▼

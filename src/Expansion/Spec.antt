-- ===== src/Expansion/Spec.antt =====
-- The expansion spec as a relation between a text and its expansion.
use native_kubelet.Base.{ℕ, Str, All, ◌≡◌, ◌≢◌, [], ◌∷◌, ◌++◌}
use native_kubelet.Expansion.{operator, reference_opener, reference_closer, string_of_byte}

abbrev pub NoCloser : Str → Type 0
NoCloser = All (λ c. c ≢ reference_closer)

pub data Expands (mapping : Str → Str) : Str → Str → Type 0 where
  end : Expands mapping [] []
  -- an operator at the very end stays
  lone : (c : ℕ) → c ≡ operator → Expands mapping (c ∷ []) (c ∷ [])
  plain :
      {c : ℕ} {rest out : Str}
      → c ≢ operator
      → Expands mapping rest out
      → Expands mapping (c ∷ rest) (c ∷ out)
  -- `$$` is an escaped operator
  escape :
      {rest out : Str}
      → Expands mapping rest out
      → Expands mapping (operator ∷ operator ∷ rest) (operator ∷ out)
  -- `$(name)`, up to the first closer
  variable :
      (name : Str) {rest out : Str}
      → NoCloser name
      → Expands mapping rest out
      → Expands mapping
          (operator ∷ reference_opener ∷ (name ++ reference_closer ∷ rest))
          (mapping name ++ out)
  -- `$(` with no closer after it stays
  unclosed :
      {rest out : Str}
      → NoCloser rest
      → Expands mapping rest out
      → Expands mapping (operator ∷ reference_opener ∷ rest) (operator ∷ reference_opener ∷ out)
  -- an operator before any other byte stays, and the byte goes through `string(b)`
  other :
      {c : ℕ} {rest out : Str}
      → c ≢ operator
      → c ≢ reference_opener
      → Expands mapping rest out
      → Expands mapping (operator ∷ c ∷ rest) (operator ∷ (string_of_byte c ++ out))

▲

*Problem to solve*. Using the data above, reproduce exactly the lines from the line that contains "pub data Expands" through the line that contains "c ≢ reference_opener", including both.

*Answer to this task*.
pub data Expands (mapping : Str → Str) : Str → Str → Type 0 where
  end : Expands mapping [] []
  -- an operator at the very end stays
  lone : (c : ℕ) → c ≡ operator → Expands mapping (c ∷ []) (c ∷ [])
  plain :
      {c : ℕ} {rest out : Str}
      → c ≢ operator
      → Expands mapping rest out
      → Expands mapping (c ∷ rest) (c ∷ out)
  -- `$$` is an escaped operator
  escape :
      {rest out : Str}
      → Expands mapping rest out
      → Expands mapping (operator ∷ operator ∷ rest) (operator ∷ out)
  -- `$(name)`, up to the first closer
  variable :
      (name : Str) {rest out : Str}
      → NoCloser name
      → Expands mapping rest out
      → Expands mapping
          (operator ∷ reference_opener ∷ (name ++ reference_closer ∷ rest))
          (mapping name ++ out)
  -- `$(` with no closer after it stays
  unclosed :
      {rest out : Str}
      → NoCloser rest
      → Expands mapping rest out
      → Expands mapping (operator ∷ reference_opener ∷ rest) (operator ∷ reference_opener ∷ out)
  -- an operator before any other byte stays, and the byte goes through `string(b)`
  other :
      {c : ℕ} {rest out : Str}
      → c ≢ operator
      → c ≢ reference_opener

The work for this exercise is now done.